■ **What the exercise asks**:
Please find every line in the entries below that contains the string "thrashing", and copy it.

*** Dataset entries ***

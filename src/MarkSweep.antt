-- ===== src/MarkSweep.antt =====
-- crates/gc-mod04/src/lib.rs: mark and sweep.
pub mod Doomed
pub mod Reclaim
pub mod Sweep
use gc_united.Base.{
  ℕ, zero, suc, ◌+◌, ◌-◌, ◌*◌, ◌/◌, ◌^◌, min, max, Bool, true, false, not, ◌&&◌, ◌||◌,
  if◌then◌else◌, ltb, leb, List, [], ◌∷◌, Option, none, some, Exec, ok, panic, ◌>>=◌, add32, add64,
}
use gc_united.Heap
use gc_united.Heap.{Heap, Handle, flag_mark, is_null, size_for}
use gc_united.Space
use gc_united.Space.{FreeListSpace}
use gc_united.Roots
use gc_united.Roots.{Roots}
use gc_united.Stats.{
  GcStats, fresh, account, count_freed, count_major, GcResult, allocated, out_of_memory,
}

abbrev pub min_threshold : ℕ
min_threshold = 64 * 1024

abbrev pub thrash_limit : ℕ
thrash_limit = 4

pub record MarkSweep : Type 0 where
  pub space : FreeListSpace
  pub roots : Roots
  pub stats : GcStats
  pub worklist : List Handle
  pub threshold : ℕ
  pub thrashing : ℕ

unfoldable pub new : ℕ → Exec MarkSweep
new capacity = do
  space ← Space.new capacity
  ok (record {
    space = space;
    roots = Roots.new;
    stats = fresh;
    worklist = [];
    threshold = min min_threshold (capacity / 2);
    thrashing = 0;
  })

unfoldable pub is_freed : MarkSweep → Handle → Exec Bool
is_freed gc h = Space.is_free gc.space h

unfoldable pub is_marked : MarkSweep → Handle → Exec Bool
is_marked gc h = Heap.is_marked gc.space.heap h

-- The handles of the shadow stack that are not null.
unfoldable pub root_set : MarkSweep → List Handle
root_set gc = Roots.not_null gc.roots.stack

-- The loop that marks is a `todo!()`.
unfoldable pub mark_from_roots : MarkSweep → Exec MarkSweep
mark_from_roots gc = panic

-- The first loop of `sweep`: the blocks from `at` on that are neither free nor marked. A round
-- advances by the size of a block.
unfoldable pub doomed : ℕ → FreeListSpace → ℕ → Exec (List Handle)
doomed zero s at = panic
doomed (suc fuel) s at = elim (ltb at s.bump) [
  | false ↦ ok []
  | true ↦ (do
    n ← Heap.size s.heap at
    next ← add32 at n
    freed ← Space.is_free s at
    marked ← (if freed then ok true else Heap.is_marked s.heap at)
    rest ← doomed fuel s next
    ok (if marked then rest else at ∷ rest))
]

-- The second loop of `sweep`.
unfoldable pub free_all : MarkSweep → List Handle → Exec MarkSweep
free_all gc [] = ok gc
free_all gc (h ∷ hs) = do
  n ← Heap.size gc.space.heap h
  space ← Space.free gc.space h
  stats ← count_freed gc.stats n
  free_all (record gc { space = space; stats = stats }) hs

-- The two loops of `sweep`.
unfoldable pub reclaim : MarkSweep → Exec MarkSweep
unfolding doomed free_all
reclaim gc = do hs ← doomed (suc gc.space.bump) gc.space 0; free_all gc hs

unfoldable pub sweep : MarkSweep → Exec MarkSweep
unfolding reclaim
sweep gc = do
  gc ← reclaim gc
  (space, merges) ← Space.coalesce gc.space
  ok (record gc { space = space })

-- What `collect` sets once the sweep is done, when `before` bytes were in use ahead of it.
unfoldable pub retune : MarkSweep → ℕ → Exec MarkSweep
retune gc before = do
  let live = gc.space.used
  let capacity = gc.space.heap.len
  let doubled = min (live * 2) (2 ^ 32 - 1)
  let threshold = min (max doubled min_threshold) capacity
  let reclaimed = before - live
  thrashing ←
      (if ltb (capacity / 16 * 15) live && ltb reclaimed (capacity / 32)
        then add32 gc.thrashing 1
        else ok 0)
  ok (record gc { threshold = threshold; thrashing = thrashing })

-- `elapsed` is what the clock says of the pause.
unfoldable pub collect : MarkSweep → ℕ → Exec MarkSweep
unfolding mark_from_roots sweep retune
collect gc elapsed = do
  let before = gc.space.used
  gc ← mark_from_roots gc
  gc ← sweep gc
  gc ← retune gc before
  stats ← count_major gc.stats elapsed
  ok (record gc { stats = stats })

-- The bookkeeping behind a successful allocation.
unfoldable pub granted : MarkSweep → Handle → Exec (MarkSweep × GcResult)
granted gc h = do
  stats ← account gc.stats gc.space.heap h gc.space.used
  ok (record gc { stats = stats }, allocated h)

unfoldable pub refused : MarkSweep → ℕ → ℕ → Exec (MarkSweep × GcResult)
refused gc refs ndata = do
  failures ← add64 gc.stats.allocation_failures 1
  n ← size_for refs ndata
  let st = record gc.stats { allocation_failures = failures }
  ok (record gc { stats = st }, out_of_memory n gc.space.used gc.space.heap.len)

-- `pauses` are the clock's answers for the two collections that a call may run.
unfoldable pub alloc : MarkSweep → ℕ → ℕ → ℕ × ℕ → Exec (MarkSweep × GcResult)
unfolding collect granted refused
alloc gc refs ndata pauses = do
  let worth_collecting = ltb gc.thrashing thrash_limit
  gc ← (if worth_collecting && leb gc.threshold gc.space.used then collect gc pauses.0 else ok gc)
  (space, found) ← Space.alloc gc.space refs ndata
  elim found [
    | some h ↦ granted (record gc { space = space }) h
    | none ↦ elim worth_collecting [
      | false ↦ refused (record gc { space = space }) refs ndata
      | true ↦ (do
        gc ← collect (record gc { space = space }) pauses.1
        (space, found) ← Space.alloc gc.space refs ndata
        elim found [
          | some h ↦ granted (record gc { space = space }) h
          | none ↦ refused (record gc { space = space }) refs ndata
        ])
    ]
  ]

unfoldable pub write_field : MarkSweep → Handle → ℕ → Handle → Exec MarkSweep
write_field gc obj i val = do
  hp ← Heap.set_field gc.space.heap obj i val
  ok (record gc { space = record gc.space { heap = hp } })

*** End of Dataset entries ***

■ **Answer to the exercise**:
  pub thrashing : ℕ
    thrashing = 0;
  thrashing ←
        then add32 gc.thrashing 1
  ok (record gc { threshold = threshold; thrashing = thrashing })
  let worth_collecting = ltb gc.thrashing thrash_limit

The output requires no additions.